◆ Brief: Gather every line from the entries below that includes "counters".

◆ Supplied records:
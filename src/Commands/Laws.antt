-- ===== src/Commands/Laws.antt =====
-- How the verdict decides the exit code of the process (src/commands/verify.rs and src/main.rs).
use atl_cli.Prelude.{
  Option, none, some, or_else, ◌≡◌, ◌≢◌, ◌⊎◌, inl, inr, Result-cases, refl, arith, Result, ok, err,
}
use atl_cli.Error.{CliError, error_exit_code, error_exit_code-failure}
use atl_cli.Cli.{VerifyArgs, VerificationMode, Host}
use atl_cli.Verify.Verdict.{ReasonCode, Status, ReceiptVerdict, ExitCode, exit_code}
use atl_cli.Verify.Anchor.Prose.{Rendering}
use atl_cli.Verify.Single.{SingleVerificationResult, verdict}
use atl_cli.Verify.Batch.{BatchVerificationResult, batch_verdict}
use atl_cli.Commands.Single.{
  ModeOutcome, Network, settle_single, single_error, error_for, invalid_error, execute_single,
  ended, run,
}
use atl_cli.Commands.Batch.{settle_batch, batch_error, batch_error_for, execute_batch}

error_for-exit_code :
    (render : Rendering) (args : VerifyArgs) (r : SingleVerificationResult) (v : ReceiptVerdict)
    (status : Status)
    → run (ended (error_for render args r v status)) ≡ exit_code status
unfolding error_for run error_exit_code exit_code
error_for-exit_code render args r v Status.valid = refl
error_for-exit_code render args r v Status.untrusted = refl
error_for-exit_code render args r v Status.error = refl
error_for-exit_code render args r v Status.invalid = invalid_error-exit_code v.reason_code
  where
    invalid_error-exit_code :
        (reason : Option ReasonCode)
        → error_exit_code (invalid_error render args r v reason) ≡ ExitCode.invalid
    invalid_error-exit_code reason = ground arith

pub batch_error_for-exit_code :
    (b : BatchVerificationResult) (v : ReceiptVerdict) (status : Status)
    → run (ended (batch_error_for b v status)) ≡ exit_code status
unfolding batch_error_for run error_exit_code exit_code
batch_error_for-exit_code b v Status.valid = refl
batch_error_for-exit_code b v Status.untrusted = refl
batch_error_for-exit_code b v Status.error = refl
batch_error_for-exit_code b v Status.invalid = refl

-- An error of the verdict goes before one that the network pass left.
or_else-deferred :
    (o deferred : Option CliError) (status : Status)
    → run (ended o) ≡ exit_code status
    → (status ≢ Status.valid) ⊎ (deferred ≡ none)
    → run (ended (or_else o deferred)) ≡ exit_code status
unfolding run exit_code
or_else-deferred (some error) deferred status e h = e
or_else-deferred none deferred Status.valid e (inl h) = absurd (h refl)
or_else-deferred none deferred Status.valid e (inr h) = rw (h) refl
or_else-deferred none deferred Status.untrusted e h = cc
or_else-deferred none deferred Status.error e h = cc
or_else-deferred none deferred Status.invalid e h = cc

-- A receipt that was loaded, and printed after the network pass, ends the process with the exit code
-- of its status, unless it is valid and the pass left an error.
pub execute_single-exit_code :
    (render : Rendering)
    (print_result : SingleVerificationResult → VerificationMode → Result CliError (Unit {0}))
    (args : VerifyArgs) (host : Host) (net : Network) (r : SingleVerificationResult)
    → print_result (settle_single args host net r).0 (settle_single args host net r).1.mode ≡ ok tt
    → ((verdict (settle_single args host net r).0).status ≢ Status.valid)
      ⊎ ((settle_single args host net r).1.deferred ≡ none)
    → run (execute_single render print_result args host net (ok r))
      ≡ exit_code (verdict (settle_single args host net r).0).status
unfolding execute_single single_error
execute_single-exit_code render print_result args host net r p c =
    let settled : SingleVerificationResult = (settle_single args host net r).0 in
    rw (p) (
      or_else-deferred (single_error render args settled) (settle_single args host net r).1.deferred
        (verdict settled).status
        (error_for-exit_code render args settled (verdict settled) (verdict settled).status) c)

-- A batch that was collected, and printed after the network pass, ends the process with the exit code
-- of its status, unless it is valid and the pass left an error.
pub execute_batch-exit_code :
    (print_result : BatchVerificationResult → VerificationMode → Result CliError (Unit {0}))
    (args : VerifyArgs) (host : Host) (net : Network) (b : BatchVerificationResult)
    → print_result (settle_batch args host net b).0 (settle_batch args host net b).1.mode ≡ ok tt
    → ((batch_verdict (settle_batch args host net b).0).status ≢ Status.valid)
      ⊎ ((settle_batch args host net b).1.deferred ≡ none)
    → run (execute_batch print_result args host net (ok b))
      ≡ exit_code (batch_verdict (settle_batch args host net b).0).status
unfolding execute_batch batch_error
execute_batch-exit_code print_result args host net b p c =
    let settled : BatchVerificationResult = (settle_batch args host net b).0 in
    rw (p) (
      or_else-deferred (batch_error settled) (settle_batch args host net b).1.deferred
        (batch_verdict settled).status
        (batch_error_for-exit_code settled (batch_verdict settled) (batch_verdict settled).status)
        c)

pub success-or_else :
    (o deferred : Option CliError) (status : Status)
    → run (ended o) ≡ exit_code status
    → run (ended (or_else o deferred)) ≡ ExitCode.valid
    → (status ≡ Status.valid) × (deferred ≡ none)
unfolding run exit_code
success-or_else (some error) deferred status e h = absurd (error_exit_code-failure error h)
success-or_else none (some error) status e h = absurd (error_exit_code-failure error h)
success-or_else none none Status.valid e h = (refl, refl)
success-or_else none none Status.untrusted e h = cc
success-or_else none none Status.error e h = cc
success-or_else none none Status.invalid e h = cc

-- The process reports success only for a receipt that was loaded, is valid after the network pass, and
-- left no error behind.
pub execute_single-success :
    (render : Rendering)
    (print_result : SingleVerificationResult → VerificationMode → Result CliError (Unit {0}))
    (args : VerifyArgs) (host : Host) (net : Network)
    (outcome : Result CliError SingleVerificationResult)
    → run (execute_single render print_result args host net outcome) ≡ ExitCode.valid
    → (r : SingleVerificationResult) × (outcome ≡ ok r)
      × ((verdict (settle_single args host net r).0).status ≡ Status.valid)
      × ((settle_single args host net r).1.deferred ≡ none)
unfolding execute_single single_error run
execute_single-success render print_result args host net (err e) h =
    absurd (error_exit_code-failure e h)
execute_single-success render print_result args host net (ok r) h =
    elim (Result-cases (print_result settled deferred.mode)) [
      | inr (u, e) ↦
          let kept =
            success-or_else (single_error render args settled) deferred.deferred
              (verdict settled).status
              (error_for-exit_code render args settled (verdict settled) (verdict settled).status)
              (rw (e) at h) in
          (r, refl, kept.0, kept.1)
      | inl (failure, e) ↦ absurd (error_exit_code-failure failure (rw (e) at h))
    ]
  where
    settled : SingleVerificationResult
    settled = (settle_single args host net r).0

    deferred : ModeOutcome
    deferred = (settle_single args host net r).1
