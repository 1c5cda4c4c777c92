-- ===== src/Commands/BatchLaws.antt =====
-- What the exit code says of the files of a batch (src/commands/verify.rs and src/verify/batch.rs).
use atl_cli.Prelude.{
  false, List, [], ◌∷◌, ◌≡◌, refl, ap, ◌∙◌, sym, suc, inl, inr, length, is_empty, any, All,
  count_if, Result, ok, err, Result-cases,
}
use atl_cli.Error.{CliError, error_exit_code-failure}
use atl_cli.Cli.{VerifyArgs, VerificationMode, Host, determine_mode_for_receipt}
use atl_cli.Verify.Verdict.{ExitCode}
use atl_cli.Verify.Online.{Session}
use atl_cli.Verify.Batch.{
  BatchItemResult, BatchVerificationResult, batch_verdict, inconsistent, is_unmatched, reclassify,
}
use atl_cli.Verify.Batch.Counts.{IsCounted, batch_verdict-valid_iff}
use atl_cli.Verify.Batch.Honest.{IsValidReceipt, IsHonest, items_valid, items-IsHonest}
use atl_cli.Verify.Batch.Reclassify.{reclassify-IsCounted}
use atl_cli.Commands.Single.{ModeOutcome, Network, run}
use atl_cli.Commands.Batch.{
  item_requires_network, online_item, online_items, settle_in, settle_batch, batch_error,
  execute_batch,
}
use atl_cli.Commands.Laws.{batch_error_for-exit_code, success-or_else}

unmatched-online_item :
    (net : Network) (item : BatchItemResult) (session : Session)
    → is_unmatched (online_item net item session).0 ≡ is_unmatched item
unfolding online_item is_unmatched
unmatched-online_item net (BatchItemResult.valid r) session = refl
unmatched-online_item net (BatchItemResult.unanchored r) session = refl
unmatched-online_item net (BatchItemResult.untrusted r) session = refl
unmatched-online_item net (BatchItemResult.invalid r) session = refl
unmatched-online_item net (BatchItemResult.errored _ _ _) session = refl
unmatched-online_item net (BatchItemResult.no_receipt _) session = refl
unmatched-online_item net (BatchItemResult.no_source _) session = refl

unmatched-online_items :
    (net : Network) (items : List BatchItemResult) (session : Session)
    → count_if is_unmatched (online_items net items session) ≡ count_if is_unmatched items
unfolding online_items
unmatched-online_items net [] session = refl
unmatched-online_items net (item ∷ items) session =
    rw
      (
        unmatched-online_item net item session,
        unmatched-online_items net items (online_item net item session).1,
      )
      refl

length-online_items :
    (net : Network) (items : List BatchItemResult) (session : Session)
    → length (online_items net items session) ≡ length items
unfolding online_items
length-online_items net [] session = refl
length-online_items net (item ∷ items) session =
    ap suc (length-online_items net items (online_item net item session).1)

-- What the network pass keeps of a batch: its counters count, and no file is lost.
abbrev Keeps : BatchVerificationResult → BatchVerificationResult → Type 0
Keeps b settled = IsCounted settled × (length settled.items ≡ length b.items)

settle_in-Keeps :
    (net : Network) (b : BatchVerificationResult) (mode : Result CliError VerificationMode)
    (runtime : Result CliError (Unit {0}))
    → IsCounted b
    → Keeps b (settle_in net b mode runtime).0
unfolding settle_in
settle_in-Keeps net b (err error) runtime h = (h, refl)
settle_in-Keeps net b (ok VerificationMode.offline) runtime h = (h, refl)
settle_in-Keeps net b (ok VerificationMode.online) (err error) h = (h, refl)
settle_in-Keeps net b (ok VerificationMode.online) (ok u) h =
    let passed : BatchVerificationResult = record b {
      items = online_items net b.items net.session;
    } in
    let kept : Keeps passed (reclassify passed) =
      reclassify-IsCounted passed
        (h.unmatched ∙ sym (unmatched-online_items net b.items net.session)) in
    (kept.0, kept.1 ∙ length-online_items net b.items net.session)

settle_batch-Keeps :
    (args : VerifyArgs) (host : Host) (net : Network) (b : BatchVerificationResult)
    → IsCounted b
    → Keeps b (settle_batch args host net b).0
unfolding settle_batch
settle_batch-Keeps args host net b h =
    settle_in-Keeps net b (determine_mode_for_receipt args host (any item_requires_network b.items))
      net.build_runtime h

settle_in-IsHonest :
    (net : Network) (b : BatchVerificationResult) (mode : Result CliError VerificationMode)
    (runtime : Result CliError (Unit {0}))
    → All IsHonest b.items
    → All IsHonest (settle_in net b mode runtime).0.items
unfolding settle_in reclassify
settle_in-IsHonest net b (err error) runtime h = h
settle_in-IsHonest net b (ok VerificationMode.offline) runtime h = h
settle_in-IsHonest net b (ok VerificationMode.online) (err error) h = h
settle_in-IsHonest net b (ok VerificationMode.online) (ok u) h =
    items-IsHonest (online_items net b.items net.session)

settle_batch-IsHonest :
    (args : VerifyArgs) (host : Host) (net : Network) (b : BatchVerificationResult)
    → All IsHonest b.items
    → All IsHonest (settle_batch args host net b).0.items
unfolding settle_batch
settle_batch-IsHonest args host net b h =
    settle_in-IsHonest net b
      (determine_mode_for_receipt args host (any item_requires_network b.items)) net.build_runtime h

-- Of a batch whose counters count its items and whose items filed as valid have valid verdicts, success
-- is reported only if it has a file, the verdict on every file's receipt is valid after the network pass,
-- which loses none, and no log instance contradicts itself.
pub execute_batch-success :
    (print_result : BatchVerificationResult → VerificationMode → Result CliError (Unit {0}))
    (args : VerifyArgs) (host : Host) (net : Network) (b : BatchVerificationResult)
    → IsCounted b
    → All IsHonest b.items
    → run (execute_batch print_result args host net (ok b)) ≡ ExitCode.valid
    → (is_empty (settle_batch args host net b).0.items ≡ false)
      × All IsValidReceipt (settle_batch args host net b).0.items
      × (length (settle_batch args host net b).0.items ≡ length b.items)
      × (inconsistent (settle_batch args host net b).0.consistency ≡ false)
unfolding execute_batch batch_error run
execute_batch-success print_result args host net b counted honest h =
    elim (Result-cases (print_result settled deferred.mode)) [
      | inl (failure, e) ↦ absurd (error_exit_code-failure failure (rw (e) at h))
      | inr (u, e) ↦
          let ended_well =
            success-or_else (batch_error settled) deferred.deferred (batch_verdict settled).status
              (batch_error_for-exit_code settled (batch_verdict settled)
                (batch_verdict settled).status)
              (rw (e) at h) in
          let valid = (batch_verdict-valid_iff settled kept.0).0 (rw (ended_well.0) refl) in
          (
            valid.0,
            items_valid settled.items (settle_batch-IsHonest args host net b honest) valid.1,
            kept.1,
            valid.2,
          )
    ]
  where
    settled : BatchVerificationResult
    settled = (settle_batch args host net b).0

    deferred : ModeOutcome
    deferred = (settle_batch args host net b).1

    kept : Keeps b settled
    kept = settle_batch-Keeps args host net b counted
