-- ===== src/Verify/Policy/Tally.antt =====
-- What the loop of `TrustAssessment::compute` (src/verify/policy.rs) adds up.
use atl_cli.Prelude.{
  ℕ, ◌+◌, String, str_eq, Bool, true, false, ◌&&◌, ◌||◌, Option, none, some, List, [], ◌∷◌, ◌++◌,
  ◌≡◌, eq_iff, refl, ◌∙◌, sym, arith, length, length-append, count_if, any, filter_map,
  if◌then◌else◌, inl, inr, ◌⊎◌,
}
use mathlib.Core.List.{append_assoc, append-nil}
use atl_cli.Verify.Verdict.{ReasonCode}
use atl_cli.Verify.Anchor.{
  AnchorVerdict, AnchorState, AnchorVerificationResult, is_valid, from_reason,
}
use atl_cli.Verify.Policy.{
  AnchorPolicy, UnresolvedAnchor, Locals, compute, no_tally, tally, tally_verdict, mark_type,
}

abbrev pub is_verified : AnchorVerificationResult → Bool
is_verified a = is_valid a.verdict

abbrev pub verified_count : List AnchorVerificationResult → ℕ
verified_count = count_if is_verified

-- The entry for an anchor with no result, and the entry for a refuted one.
abbrev pub unresolved_entry : AnchorVerificationResult → Option UnresolvedAnchor
unresolved_entry a = elim a.verdict [
  | AnchorVerdict.untrusted reason ↦
      some (record { anchor_type = a.anchor_type; state = from_reason reason; reason = reason })
  | _ ↦ none
]

abbrev pub refuted_entry : AnchorVerificationResult → Option UnresolvedAnchor
refuted_entry a = elim a.verdict [
  | AnchorVerdict.invalid reason ↦
      some (record { anchor_type = a.anchor_type; state = AnchorState.refuted; reason = reason })
  | _ ↦ none
]

abbrev pub is_verified_as : String → AnchorVerificationResult → Bool
is_verified_as kind a = is_valid a.verdict && str_eq a.anchor_type kind

verdict-cases :
    (a : AnchorVerificationResult)
    → (a.verdict ≡ AnchorVerdict.valid)
      ⊎ (((reason : ReasonCode) × (a.verdict ≡ AnchorVerdict.invalid reason))
          ⊎ ((reason : ReasonCode) × (a.verdict ≡ AnchorVerdict.untrusted reason)))
verdict-cases a = by_verdict a.verdict refl
  where
    by_verdict :
        (v : AnchorVerdict)
        → a.verdict ≡ v
        → (a.verdict ≡ AnchorVerdict.valid)
          ⊎ (((reason : ReasonCode) × (a.verdict ≡ AnchorVerdict.invalid reason))
              ⊎ ((reason : ReasonCode) × (a.verdict ≡ AnchorVerdict.untrusted reason)))
    by_verdict AnchorVerdict.valid e = inl e
    by_verdict (AnchorVerdict.invalid reason) e = inr (inl (reason, e))
    by_verdict (AnchorVerdict.untrusted reason) e = inr (inr (reason, e))

tally_step :
    (a : AnchorVerificationResult) (t : Locals)
    → (tally_verdict a.verdict a.anchor_type t).verified_anchors
      ≡ t.verified_anchors + (if is_valid a.verdict then 1 else 0)
unfolding tally_verdict mark_type is_valid
tally_step a t = ground arith

tally-verified :
    (xs : List AnchorVerificationResult) (t : Locals)
    → (tally xs t).verified_anchors ≡ t.verified_anchors + verified_count xs
unfolding tally
tally-verified [] t = omega arith
tally-verified (a ∷ xs) t =
    omega (arith, tally_step a t, tally-verified xs (tally_verdict a.verdict a.anchor_type t))

abbrev size : Locals → ℕ
size t = t.verified_anchors + length t.unresolved + length t.refuted

size-tally_verdict :
    (v : AnchorVerdict) (kind : String) (t : Locals) → size (tally_verdict v kind t) ≡ size t + 1
unfolding tally_verdict mark_type
size-tally_verdict AnchorVerdict.valid kind t = ground arith
size-tally_verdict (AnchorVerdict.invalid reason) kind t =
    omega (arith, length-append {0} t.refuted)
size-tally_verdict (AnchorVerdict.untrusted reason) kind t =
    omega (arith, length-append {0} t.unresolved)

size-tally :
    (xs : List AnchorVerificationResult) (t : Locals) → size (tally xs t) ≡ size t + length xs
unfolding tally
size-tally [] t = omega arith
size-tally (a ∷ xs) t =
    let t' = tally_verdict a.verdict a.anchor_type t in
    omega (arith, size-tally_verdict a.verdict a.anchor_type t, size-tally xs t')

tally-unresolved :
    (xs : List AnchorVerificationResult) (t : Locals)
    → (tally xs t).unresolved ≡ t.unresolved ++ filter_map unresolved_entry xs
unfolding tally tally_verdict mark_type
tally-unresolved [] t = sym (append-nil _)
tally-unresolved (a ∷ xs) t = elim (verdict-cases a) [
  | inl e ↦ rw e (tally-unresolved xs _ ∙ ground arith)
  | inr (inl (reason, e)) ↦ rw e (tally-unresolved xs _)
  | inr (inr (reason, e)) ↦ rw e (
      tally-unresolved xs _
      ∙ append_assoc t.unresolved
          (record { anchor_type = a.anchor_type; state = from_reason reason; reason = reason } ∷ [])
          (filter_map unresolved_entry xs))
]

tally-refuted :
    (xs : List AnchorVerificationResult) (t : Locals)
    → (tally xs t).refuted ≡ t.refuted ++ filter_map refuted_entry xs
unfolding tally tally_verdict mark_type
tally-refuted [] t = sym (append-nil _)
tally-refuted (a ∷ xs) t = elim (verdict-cases a) [
  | inl e ↦ rw e (tally-refuted xs _ ∙ ground arith)
  | inr (inl (reason, e)) ↦ rw e (
      tally-refuted xs _
      ∙ append_assoc t.refuted
          (record { anchor_type = a.anchor_type; state = AnchorState.refuted; reason = reason }
            ∷ [])
          (filter_map refuted_entry xs))
  | inr (inr (reason, e)) ↦ rw e (tally-refuted xs _)
]

kinds_differ : (kind : String) → str_eq kind "rfc3161" ≡ true → str_eq kind "bitcoin_ots" ≡ false
kinds_differ kind h = rw ((eq_iff kind "rfc3161").0 h)

types_step :
    (a : AnchorVerificationResult) (t : Locals)
    → ((tally_verdict a.verdict a.anchor_type t).rfc3161_verified
        ≡ t.rfc3161_verified || is_verified_as "rfc3161" a)
      × ((tally_verdict a.verdict a.anchor_type t).bitcoin_verified
          ≡ t.bitcoin_verified || is_verified_as "bitcoin_ots" a)
unfolding tally_verdict mark_type is_valid
types_step a t = ground (arith, kinds_differ a.anchor_type)

tally-types :
    (xs : List AnchorVerificationResult) (t : Locals)
    → ((tally xs t).rfc3161_verified ≡ t.rfc3161_verified || any (is_verified_as "rfc3161") xs)
      × ((tally xs t).bitcoin_verified
          ≡ t.bitcoin_verified || any (is_verified_as "bitcoin_ots") xs)
unfolding tally
tally-types [] t = ground arith
tally-types (a ∷ xs) t =
    ground (arith, types_step a t, tally-types xs (tally_verdict a.verdict a.anchor_type t))

module _ (anchors : List AnchorVerificationResult) (policy : AnchorPolicy)
    (r : Option ReasonCode) where
  pub compute-verified : (compute anchors policy r).verified_anchors ≡ verified_count anchors
  unfolding compute
  compute-verified = tally-verified anchors _ ∙ omega arith

  pub compute-types :
      (compute anchors policy r).both_anchor_types_verified
      ≡ any (is_verified_as "rfc3161") anchors && any (is_verified_as "bitcoin_ots") anchors
  unfolding compute
  compute-types = ground (arith, tally-types anchors no_tally)

  pub compute-unresolved :
      (compute anchors policy r).unresolved ≡ filter_map unresolved_entry anchors
  unfolding compute
  compute-unresolved = tally-unresolved anchors _

  pub compute-refuted : (compute anchors policy r).refuted ≡ filter_map refuted_entry anchors
  unfolding compute
  compute-refuted = tally-refuted anchors _

  -- Every anchor presented is counted on exactly one of the three sides: verified, unresolved or
  -- refuted.
  pub compute-total :
      let t = compute anchors policy r in
      t.verified_anchors + length t.unresolved + length t.refuted ≡ t.total_anchors
  unfolding compute
  compute-total = size-tally anchors no_tally ∙ omega arith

◆ Output for this exercise:
-- What the network pass keeps of a batch: its counters count, and no file is lost.
-- Of a batch whose counters count its items and whose items filed as valid have valid verdicts, success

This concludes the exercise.